78. The distinction between actions in tort in which it is not necessary to prove special or material damage in order to succeed (torts actionable per se) and those in which such proof is an essential ingredient of the claimant’s case stems from the ancient dichotomy between actions in trespass and actions on the case. The discussion of the development of the two forms of action contained in Maitland, The Forms of Action at Common Law, Lecture VI shows how that development may be regarded as no more than accidental and the distinction is described in Clerk & Lindsell on Torts, 19th ed (2006), para 1.46 as being of limited relevance; for a useful synopsis see also Prosser & Keeton on Torts, 5th ed (1984), pp 28-31.
79. In actions on the case, the category into which the tort of misfeasance in public office falls, “damage is the gist of the action” (Salmond & Heuston on Torts, 21st ed, (1996) p 6) and the claimant will fail if he cannot prove it. For the reasons set out by Lord Bingham, I agree that the authorities establish that that tort is properly classed among those in which proof of material damage is required. I also agree with his opinion that the conclusion reached by the Court of Appeal, that where the tortious act amounts to a breach of the claimant’s constitutional rights it is actionable per se, cannot be supported. In my opinion it would not be a readily workable expedient and it has insufficient authority to support it.
80. One might question, more generally, whether the law should continue to support a distinction between those actions in which proof of material damage is needed and those in which there is no such requirement. It might not unreasonably be said that any civil wrong should carry damages and that those who deliberately flout the law and deprive others of their rights by abusing their position should be liable to the victims of such acts. The common law is capable of accommodating changes necessary to allow it to adapt to modern needs, as your Lordships recognised in the recent torture case A v Secretary of State for the Home Department (No 2) [2005] UKHL 71; [2005] 3 WLR 1249. It might therefore be theoretically possible to abolish the distinction and hold that all torts are actionable without proof of material damage.
81. I am not satisfied, however, that it would be advisable for the House to take such a course, were it minded to do so. The underlying dichotomy between trespass and case would still remain, even if it became of even less relevance than now. It would be a departure from the prevailing trend in other common law jurisdictions and would be out of harmony with the Scots law governing damages in actions for delict. There are other avenues for a claimant in a case of the present type who cannot establish any material damage, even if they may not afford a perfect remedy in all cases. Finally, it would be likely to open the door to claims for exemplary damages in a broader class of cases than those in which they may now be awarded. Notwithstanding the fact that the House has ruled in Kuddus v Chief Constable of Leicestershire [2001] UKHL 29; [2002] 2 AC 122 that exemplary damages may in principle be awarded in cases of misfeasance in public office, I should myself prefer to confine the award of such damages very closely indeed.
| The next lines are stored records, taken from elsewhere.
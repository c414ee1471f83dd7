-- ===== src/Store/Full.antt =====
-- A push in src/store.rs for any bytes of a record, with and without a free slot.
use native.Mathlib.Decide.{dec_lt}
use lloogg.Prelude.{
  ℕ, ◌≤◌, ◌≡◌, ◌⊎◌, ◌≢◌, ◌+◌, ◌∙◌, ap, List, [], ◌∷◌, length, inl, inr, none, some, arith,
  Option-cases, result_only,
}
use lloogg.Record.{Record, IsTyped}
use lloogg.HashMap.{lookup}
use lloogg.MemoryPool.Chain.{IsChain}
use lloogg.StoreAlloc.{start, alloc}
use lloogg.StoreAlloc.Safe.{alloc-nil}
use lloogg.Store.{Store, get_or_create, push_record, push_entry, len}
use lloogg.Store.View.{IsValid, view, view_of}
use lloogg.Store.Open.{IsCapacity, Opens, get_or_create-Opened}
use lloogg.Store.Push.{Pushed, push_record_lem, push_entry-IsValid, capacity-push_entry}

-- What a push comes to: a valid store, or a panic because there is no slot left.
abbrev pub Pushes : ℕ → Store → ℕ → Record → ℕ → Type 0
Pushes slots s uid r ts =
    ((s' : Store) × (push_record s uid r ts ≡ some s')
      × IsValid slots s'
      × (s'.capacity ≡ s.capacity))
    ⊎ ((push_record s uid r ts ≡ none) × (slots ≤ len s))

Opens-Pushes :
    {slots : ℕ} {s : Store} (uid : ℕ) (r : Record) (ts : ℕ)
    → Opens slots s uid
    → Pushes slots s uid r ts
unfolding push_record
Opens-Pushes uid r ts (s1, b, opened, o) = inl (
  push_entry (s1, b) uid r ts,
  rw opened,
  push_entry-IsValid o r ts,
  capacity-push_entry s1 b uid r ts ∙ o.capacity,
)

get_or_create-none :
    (s : Store) (uid : ℕ)
    → lookup uid s.map_of ≡ none
    → alloc s.mem s.alloc_state ≡ none
    → get_or_create s uid ≡ none
unfolding get_or_create
get_or_create-none s uid absent full = ground arith

no_slot :
    {slots : ℕ} (s : Store) (uid : ℕ) (r : Record) (ts : ℕ) (free : List ℕ)
    → IsChain s.mem (start s.alloc_state) free
    → length free + len s ≡ slots
    → lookup uid s.map_of ≡ none
    → slots ≤ len s
    → push_record s uid r ts ≡ none
unfolding push_record
no_slot s uid r ts [] chain e absent full =
    rw (get_or_create-none s uid absent (alloc-nil s.mem s.alloc_state chain))
no_slot s uid r ts (p ∷ free) chain e absent full = absurd (omega arith)

pub push_record-cases :
    {slots : ℕ} {s : Store} (uid : ℕ) (r : Record) (ts : ℕ)
    → IsCapacity s.capacity
    → IsValid slots s
    → Pushes slots s uid r ts
push_record-cases {slots} {s} uid r ts c v = elim (Option-cases (lookup uid s.map_of)) [
  | inr (b, found) ↦
      let known : view s uid ≢ none = λ e. absurd (cc (e, ap (view_of s.mem) found)) in
      Opens-Pushes uid r ts (get_or_create-Opened uid c v (inr known))
  | inl absent ↦ elim (dec_lt (len s) slots) [
    | yes room ↦ Opens-Pushes uid r ts (get_or_create-Opened uid c v (inl room))
    | no h ↦
        let full : slots ≤ len s = omega arith in
        inr (no_slot s uid r ts v.free v.parts.chain v.parts.counted absent full, full)
  ]
]

-- A push that does not panic does what a push does.
pub push_record-Pushed :
    {slots : ℕ} {s s' : Store} (uid : ℕ) (r : Record) (ts : ℕ)
    → IsTyped r
    → IsCapacity s.capacity
    → IsValid slots s
    → push_record s uid r ts ≡ some s'
    → Pushed slots s uid r ts s'
push_record-Pushed {slots} {s} uid r ts t c v e = elim (Option-cases (lookup uid s.map_of)) [
  | inr (b, found) ↦
      let known : view s uid ≢ none = λ e. absurd (cc (e, ap (view_of s.mem) found)) in
      result_only (Pushed slots s uid r ts) (push_record_lem uid r ts t c v (inr known)) e
  | inl absent ↦ elim (dec_lt (len s) slots) [
    | yes room ↦ result_only (Pushed slots s uid r ts) (push_record_lem uid r ts t c v (inl room)) e
    | no h ↦
        let panics = no_slot s uid r ts v.free v.parts.chain v.parts.counted absent (omega arith) in
        absurd (cc (e, panics))
  ]
]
82. Although the possibility of rationalising the law in this way may have some attraction at first sight, I think that for these reasons it should be resisted. If at some time it is thought advisable to give the idea further consideration, I think that it should be done by the Law Commission, which would be well placed to consider in depth the issues and possible consequences of such a change in the law. In the present state of the law, however, I agree with your Lordships that the judge was correct to rule as he did, and I would allow the appeal and make the order proposed.